§ **TASK MATERIAL**
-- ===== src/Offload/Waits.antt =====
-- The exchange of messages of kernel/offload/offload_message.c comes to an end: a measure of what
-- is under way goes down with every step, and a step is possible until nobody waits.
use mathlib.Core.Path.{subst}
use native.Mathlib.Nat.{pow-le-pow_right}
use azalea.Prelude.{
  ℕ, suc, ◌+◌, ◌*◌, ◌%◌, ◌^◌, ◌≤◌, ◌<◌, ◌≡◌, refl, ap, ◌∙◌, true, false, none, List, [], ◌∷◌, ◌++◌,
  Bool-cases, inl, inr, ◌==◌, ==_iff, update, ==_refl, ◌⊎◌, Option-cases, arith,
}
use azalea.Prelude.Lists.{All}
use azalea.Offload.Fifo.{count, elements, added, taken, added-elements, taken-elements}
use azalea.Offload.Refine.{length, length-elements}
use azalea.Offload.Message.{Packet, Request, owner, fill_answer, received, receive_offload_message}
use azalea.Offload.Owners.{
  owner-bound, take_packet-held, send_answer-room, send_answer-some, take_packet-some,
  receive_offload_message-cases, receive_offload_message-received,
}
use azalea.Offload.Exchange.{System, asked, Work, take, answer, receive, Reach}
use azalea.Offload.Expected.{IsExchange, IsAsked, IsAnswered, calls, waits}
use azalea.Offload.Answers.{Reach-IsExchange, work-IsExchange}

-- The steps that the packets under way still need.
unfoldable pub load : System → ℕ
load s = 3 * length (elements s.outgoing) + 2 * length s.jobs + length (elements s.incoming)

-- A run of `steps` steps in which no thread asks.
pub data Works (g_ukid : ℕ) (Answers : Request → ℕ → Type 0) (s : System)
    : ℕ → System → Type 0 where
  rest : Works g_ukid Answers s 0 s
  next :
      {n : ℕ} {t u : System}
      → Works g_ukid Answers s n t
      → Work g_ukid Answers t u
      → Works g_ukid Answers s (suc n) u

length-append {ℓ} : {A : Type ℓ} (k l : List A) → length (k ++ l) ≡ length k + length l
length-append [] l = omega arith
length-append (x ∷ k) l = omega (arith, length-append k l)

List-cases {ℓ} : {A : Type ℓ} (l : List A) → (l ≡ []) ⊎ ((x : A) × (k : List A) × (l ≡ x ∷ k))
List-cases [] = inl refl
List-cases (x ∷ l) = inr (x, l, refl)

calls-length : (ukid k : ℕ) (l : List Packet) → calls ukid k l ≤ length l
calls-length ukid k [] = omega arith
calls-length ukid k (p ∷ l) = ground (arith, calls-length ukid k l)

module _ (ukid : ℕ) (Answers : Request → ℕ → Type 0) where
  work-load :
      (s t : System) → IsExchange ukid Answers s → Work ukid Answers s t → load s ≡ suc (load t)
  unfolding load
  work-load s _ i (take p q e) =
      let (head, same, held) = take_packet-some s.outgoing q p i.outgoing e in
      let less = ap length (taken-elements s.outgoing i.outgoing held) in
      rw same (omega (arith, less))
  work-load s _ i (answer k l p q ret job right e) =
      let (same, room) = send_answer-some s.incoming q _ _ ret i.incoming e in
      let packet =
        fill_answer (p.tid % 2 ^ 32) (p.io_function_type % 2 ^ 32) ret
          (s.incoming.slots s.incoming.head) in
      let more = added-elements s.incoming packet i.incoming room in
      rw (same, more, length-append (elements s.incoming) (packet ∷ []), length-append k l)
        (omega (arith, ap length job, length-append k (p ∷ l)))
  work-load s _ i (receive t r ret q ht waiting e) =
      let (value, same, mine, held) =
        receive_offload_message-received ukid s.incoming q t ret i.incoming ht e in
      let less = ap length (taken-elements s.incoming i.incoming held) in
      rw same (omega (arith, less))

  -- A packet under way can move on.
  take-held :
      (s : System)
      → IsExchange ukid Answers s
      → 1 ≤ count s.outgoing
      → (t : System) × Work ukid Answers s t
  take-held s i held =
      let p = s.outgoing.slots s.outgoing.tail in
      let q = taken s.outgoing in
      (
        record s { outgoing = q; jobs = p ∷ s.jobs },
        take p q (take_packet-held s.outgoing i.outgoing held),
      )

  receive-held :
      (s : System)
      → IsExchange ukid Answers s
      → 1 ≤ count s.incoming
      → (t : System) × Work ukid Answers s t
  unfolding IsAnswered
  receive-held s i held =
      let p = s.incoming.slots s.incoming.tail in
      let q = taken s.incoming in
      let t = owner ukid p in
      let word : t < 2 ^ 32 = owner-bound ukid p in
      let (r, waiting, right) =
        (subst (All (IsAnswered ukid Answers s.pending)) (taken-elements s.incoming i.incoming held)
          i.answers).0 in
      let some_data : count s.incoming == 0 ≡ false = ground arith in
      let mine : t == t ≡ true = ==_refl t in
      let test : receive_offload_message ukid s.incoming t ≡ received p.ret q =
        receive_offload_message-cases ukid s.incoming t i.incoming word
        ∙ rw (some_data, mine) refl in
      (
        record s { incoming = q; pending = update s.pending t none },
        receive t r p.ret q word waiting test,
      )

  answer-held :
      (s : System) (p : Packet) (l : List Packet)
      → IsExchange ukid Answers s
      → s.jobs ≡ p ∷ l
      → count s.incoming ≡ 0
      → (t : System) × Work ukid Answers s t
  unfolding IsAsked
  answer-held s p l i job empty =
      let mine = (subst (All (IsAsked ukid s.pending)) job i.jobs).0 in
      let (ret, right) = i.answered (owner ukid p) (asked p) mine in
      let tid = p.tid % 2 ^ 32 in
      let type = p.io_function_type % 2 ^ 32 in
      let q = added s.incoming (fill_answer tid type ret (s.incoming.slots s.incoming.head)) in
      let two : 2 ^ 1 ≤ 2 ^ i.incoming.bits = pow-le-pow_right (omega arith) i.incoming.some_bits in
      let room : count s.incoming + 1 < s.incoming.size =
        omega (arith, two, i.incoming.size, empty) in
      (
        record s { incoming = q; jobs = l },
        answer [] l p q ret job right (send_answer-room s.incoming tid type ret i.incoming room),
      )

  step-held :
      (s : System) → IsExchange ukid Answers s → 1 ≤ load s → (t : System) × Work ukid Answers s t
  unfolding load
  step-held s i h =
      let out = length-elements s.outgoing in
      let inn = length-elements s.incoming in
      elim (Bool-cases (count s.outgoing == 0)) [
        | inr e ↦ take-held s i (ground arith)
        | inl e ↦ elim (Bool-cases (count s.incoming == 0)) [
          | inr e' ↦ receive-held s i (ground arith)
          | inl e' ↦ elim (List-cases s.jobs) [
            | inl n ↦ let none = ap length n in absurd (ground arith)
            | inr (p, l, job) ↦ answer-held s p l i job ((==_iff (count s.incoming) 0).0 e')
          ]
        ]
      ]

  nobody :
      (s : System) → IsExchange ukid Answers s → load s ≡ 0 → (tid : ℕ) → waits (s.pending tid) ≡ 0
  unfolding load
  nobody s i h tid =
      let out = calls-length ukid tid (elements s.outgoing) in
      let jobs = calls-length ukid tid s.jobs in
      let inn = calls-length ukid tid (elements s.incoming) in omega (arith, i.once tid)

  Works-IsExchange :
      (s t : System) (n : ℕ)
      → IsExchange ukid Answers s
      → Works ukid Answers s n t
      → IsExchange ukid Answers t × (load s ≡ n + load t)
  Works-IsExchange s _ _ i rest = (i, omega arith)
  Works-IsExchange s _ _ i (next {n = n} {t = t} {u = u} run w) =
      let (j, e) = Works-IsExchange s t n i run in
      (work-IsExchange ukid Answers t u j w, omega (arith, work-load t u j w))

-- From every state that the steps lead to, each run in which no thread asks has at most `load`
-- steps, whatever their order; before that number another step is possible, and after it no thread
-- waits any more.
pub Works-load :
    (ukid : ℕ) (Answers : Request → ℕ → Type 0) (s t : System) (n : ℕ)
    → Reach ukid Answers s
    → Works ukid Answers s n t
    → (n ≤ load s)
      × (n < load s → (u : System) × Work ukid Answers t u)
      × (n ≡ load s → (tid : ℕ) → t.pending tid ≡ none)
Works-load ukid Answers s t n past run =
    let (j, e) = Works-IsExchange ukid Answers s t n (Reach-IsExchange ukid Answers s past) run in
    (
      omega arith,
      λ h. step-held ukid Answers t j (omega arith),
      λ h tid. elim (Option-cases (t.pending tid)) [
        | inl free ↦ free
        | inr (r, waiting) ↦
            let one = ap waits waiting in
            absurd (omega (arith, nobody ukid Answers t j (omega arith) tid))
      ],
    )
--
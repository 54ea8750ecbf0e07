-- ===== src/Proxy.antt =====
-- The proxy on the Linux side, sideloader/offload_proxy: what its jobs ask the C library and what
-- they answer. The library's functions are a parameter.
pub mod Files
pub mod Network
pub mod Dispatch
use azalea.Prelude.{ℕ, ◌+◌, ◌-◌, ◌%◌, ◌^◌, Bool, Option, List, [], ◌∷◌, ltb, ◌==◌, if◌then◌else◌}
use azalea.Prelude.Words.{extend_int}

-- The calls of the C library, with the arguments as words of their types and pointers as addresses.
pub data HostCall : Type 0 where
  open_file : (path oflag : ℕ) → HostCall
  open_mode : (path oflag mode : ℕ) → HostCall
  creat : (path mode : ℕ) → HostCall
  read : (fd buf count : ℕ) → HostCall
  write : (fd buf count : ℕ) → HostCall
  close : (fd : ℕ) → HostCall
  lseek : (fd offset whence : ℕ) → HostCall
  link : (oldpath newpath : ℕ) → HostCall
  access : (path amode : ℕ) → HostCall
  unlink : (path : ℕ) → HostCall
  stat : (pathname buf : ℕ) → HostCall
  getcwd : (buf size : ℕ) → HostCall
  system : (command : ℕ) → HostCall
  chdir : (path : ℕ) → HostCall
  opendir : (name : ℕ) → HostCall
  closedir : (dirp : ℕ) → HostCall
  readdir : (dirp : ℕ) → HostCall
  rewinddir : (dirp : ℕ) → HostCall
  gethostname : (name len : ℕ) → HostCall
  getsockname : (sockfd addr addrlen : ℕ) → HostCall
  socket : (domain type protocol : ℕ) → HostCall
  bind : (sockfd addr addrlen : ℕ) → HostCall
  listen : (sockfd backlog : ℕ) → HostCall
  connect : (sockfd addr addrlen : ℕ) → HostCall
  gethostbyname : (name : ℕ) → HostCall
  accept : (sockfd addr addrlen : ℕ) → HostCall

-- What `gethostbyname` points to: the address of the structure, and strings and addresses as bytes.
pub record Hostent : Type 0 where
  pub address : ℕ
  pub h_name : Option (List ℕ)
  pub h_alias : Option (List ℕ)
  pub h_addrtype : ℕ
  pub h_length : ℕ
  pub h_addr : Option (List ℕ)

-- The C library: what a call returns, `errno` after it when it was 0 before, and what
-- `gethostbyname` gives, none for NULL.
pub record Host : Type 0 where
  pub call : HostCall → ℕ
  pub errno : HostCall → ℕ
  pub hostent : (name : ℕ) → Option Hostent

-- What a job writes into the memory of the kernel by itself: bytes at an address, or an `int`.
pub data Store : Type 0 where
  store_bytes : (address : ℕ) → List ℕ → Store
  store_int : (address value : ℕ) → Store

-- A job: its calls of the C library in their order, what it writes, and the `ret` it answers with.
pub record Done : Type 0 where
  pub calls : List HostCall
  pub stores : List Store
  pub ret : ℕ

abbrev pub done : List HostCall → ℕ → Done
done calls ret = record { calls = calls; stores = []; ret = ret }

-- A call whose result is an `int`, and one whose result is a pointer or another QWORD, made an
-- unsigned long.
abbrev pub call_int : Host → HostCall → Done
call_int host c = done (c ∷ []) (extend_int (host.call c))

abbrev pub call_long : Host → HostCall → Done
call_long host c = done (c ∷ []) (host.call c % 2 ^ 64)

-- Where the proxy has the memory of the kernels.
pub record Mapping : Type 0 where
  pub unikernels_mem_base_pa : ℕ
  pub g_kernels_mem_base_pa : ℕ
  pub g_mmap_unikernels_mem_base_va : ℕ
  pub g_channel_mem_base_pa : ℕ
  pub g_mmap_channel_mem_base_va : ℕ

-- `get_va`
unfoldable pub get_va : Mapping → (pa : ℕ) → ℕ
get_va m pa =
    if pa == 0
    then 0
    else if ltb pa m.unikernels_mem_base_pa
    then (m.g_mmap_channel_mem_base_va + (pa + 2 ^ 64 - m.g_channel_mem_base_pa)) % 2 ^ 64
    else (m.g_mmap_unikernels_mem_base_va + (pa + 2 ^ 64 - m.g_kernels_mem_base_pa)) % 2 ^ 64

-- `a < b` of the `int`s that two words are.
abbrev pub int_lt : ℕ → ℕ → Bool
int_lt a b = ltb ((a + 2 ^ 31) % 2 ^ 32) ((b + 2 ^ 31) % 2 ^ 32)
...
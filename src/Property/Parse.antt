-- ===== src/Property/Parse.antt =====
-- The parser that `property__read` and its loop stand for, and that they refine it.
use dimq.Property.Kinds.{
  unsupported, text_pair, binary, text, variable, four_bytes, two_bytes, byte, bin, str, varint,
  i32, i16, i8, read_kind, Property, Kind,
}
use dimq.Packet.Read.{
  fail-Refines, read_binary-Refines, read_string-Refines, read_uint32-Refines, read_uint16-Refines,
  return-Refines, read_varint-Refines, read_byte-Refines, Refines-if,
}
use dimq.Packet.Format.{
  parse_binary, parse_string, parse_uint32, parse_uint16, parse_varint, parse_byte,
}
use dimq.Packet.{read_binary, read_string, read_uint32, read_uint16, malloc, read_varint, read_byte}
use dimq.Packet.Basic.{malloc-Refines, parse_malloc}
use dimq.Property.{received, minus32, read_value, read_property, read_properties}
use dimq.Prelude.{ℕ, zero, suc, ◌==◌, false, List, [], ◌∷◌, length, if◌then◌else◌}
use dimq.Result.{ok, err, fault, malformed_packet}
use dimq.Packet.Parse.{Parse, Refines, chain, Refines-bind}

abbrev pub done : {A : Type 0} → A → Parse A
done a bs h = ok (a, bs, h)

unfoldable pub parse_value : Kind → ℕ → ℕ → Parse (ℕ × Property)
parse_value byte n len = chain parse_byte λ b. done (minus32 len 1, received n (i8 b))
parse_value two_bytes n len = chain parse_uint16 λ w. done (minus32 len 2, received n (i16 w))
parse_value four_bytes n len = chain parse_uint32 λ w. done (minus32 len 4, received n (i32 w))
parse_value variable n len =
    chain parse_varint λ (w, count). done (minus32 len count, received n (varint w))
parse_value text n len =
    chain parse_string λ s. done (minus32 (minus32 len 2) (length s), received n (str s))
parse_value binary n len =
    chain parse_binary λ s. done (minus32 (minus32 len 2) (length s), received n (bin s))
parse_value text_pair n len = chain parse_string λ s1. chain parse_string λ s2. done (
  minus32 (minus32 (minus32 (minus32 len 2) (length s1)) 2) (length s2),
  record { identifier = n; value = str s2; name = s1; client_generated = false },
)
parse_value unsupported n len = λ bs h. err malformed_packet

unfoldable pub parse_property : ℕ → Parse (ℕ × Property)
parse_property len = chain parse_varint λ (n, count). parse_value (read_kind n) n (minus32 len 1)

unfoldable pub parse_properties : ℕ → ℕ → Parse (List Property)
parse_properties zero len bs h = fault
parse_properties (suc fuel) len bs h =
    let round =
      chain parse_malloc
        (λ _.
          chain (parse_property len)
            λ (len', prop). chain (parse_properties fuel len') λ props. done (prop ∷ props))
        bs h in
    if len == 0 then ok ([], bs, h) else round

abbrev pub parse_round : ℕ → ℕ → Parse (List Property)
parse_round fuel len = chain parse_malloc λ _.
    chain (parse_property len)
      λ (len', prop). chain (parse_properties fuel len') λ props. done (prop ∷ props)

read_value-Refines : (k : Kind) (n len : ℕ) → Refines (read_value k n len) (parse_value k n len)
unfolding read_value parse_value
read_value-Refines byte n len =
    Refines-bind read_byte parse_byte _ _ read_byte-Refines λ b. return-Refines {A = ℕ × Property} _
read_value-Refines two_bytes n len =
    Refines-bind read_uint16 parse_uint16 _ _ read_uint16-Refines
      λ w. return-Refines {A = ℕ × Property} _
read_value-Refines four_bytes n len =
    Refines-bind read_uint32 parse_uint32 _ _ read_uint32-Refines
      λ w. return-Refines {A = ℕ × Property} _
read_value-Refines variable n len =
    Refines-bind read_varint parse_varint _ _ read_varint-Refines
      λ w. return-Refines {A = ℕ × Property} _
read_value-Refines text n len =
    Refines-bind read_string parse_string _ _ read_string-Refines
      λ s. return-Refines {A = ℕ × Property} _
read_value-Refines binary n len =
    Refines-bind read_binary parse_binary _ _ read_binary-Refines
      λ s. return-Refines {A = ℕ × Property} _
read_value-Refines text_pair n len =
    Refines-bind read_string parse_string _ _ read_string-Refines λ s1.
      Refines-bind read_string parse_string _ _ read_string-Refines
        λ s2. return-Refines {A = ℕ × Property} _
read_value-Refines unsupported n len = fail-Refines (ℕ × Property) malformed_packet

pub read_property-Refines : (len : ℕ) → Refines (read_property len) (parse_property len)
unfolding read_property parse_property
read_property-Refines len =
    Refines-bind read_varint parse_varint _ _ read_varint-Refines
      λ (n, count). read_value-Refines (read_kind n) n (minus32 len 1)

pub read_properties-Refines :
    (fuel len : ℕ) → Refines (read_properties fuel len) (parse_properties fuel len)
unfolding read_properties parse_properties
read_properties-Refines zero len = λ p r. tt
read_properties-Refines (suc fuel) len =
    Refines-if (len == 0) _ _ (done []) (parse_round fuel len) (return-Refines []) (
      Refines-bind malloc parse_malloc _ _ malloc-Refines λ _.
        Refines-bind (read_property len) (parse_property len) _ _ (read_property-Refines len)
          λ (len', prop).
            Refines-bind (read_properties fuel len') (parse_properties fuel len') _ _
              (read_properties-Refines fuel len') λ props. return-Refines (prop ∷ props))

§ **WHAT NEEDS TO BE DONE**
For each line above that contains "same", make a copy.

§ **ANSWER TO THIS TASK**
      let (head, same, held) = take_packet-some s.outgoing q p i.outgoing e in
      rw same (omega (arith, less))
      let (same, room) = send_answer-some s.incoming q _ _ ret i.incoming e in
      rw (same, more, length-append (elements s.incoming) (packet ∷ []), length-append k l)
      let (value, same, mine, held) =
      rw same (omega (arith, less))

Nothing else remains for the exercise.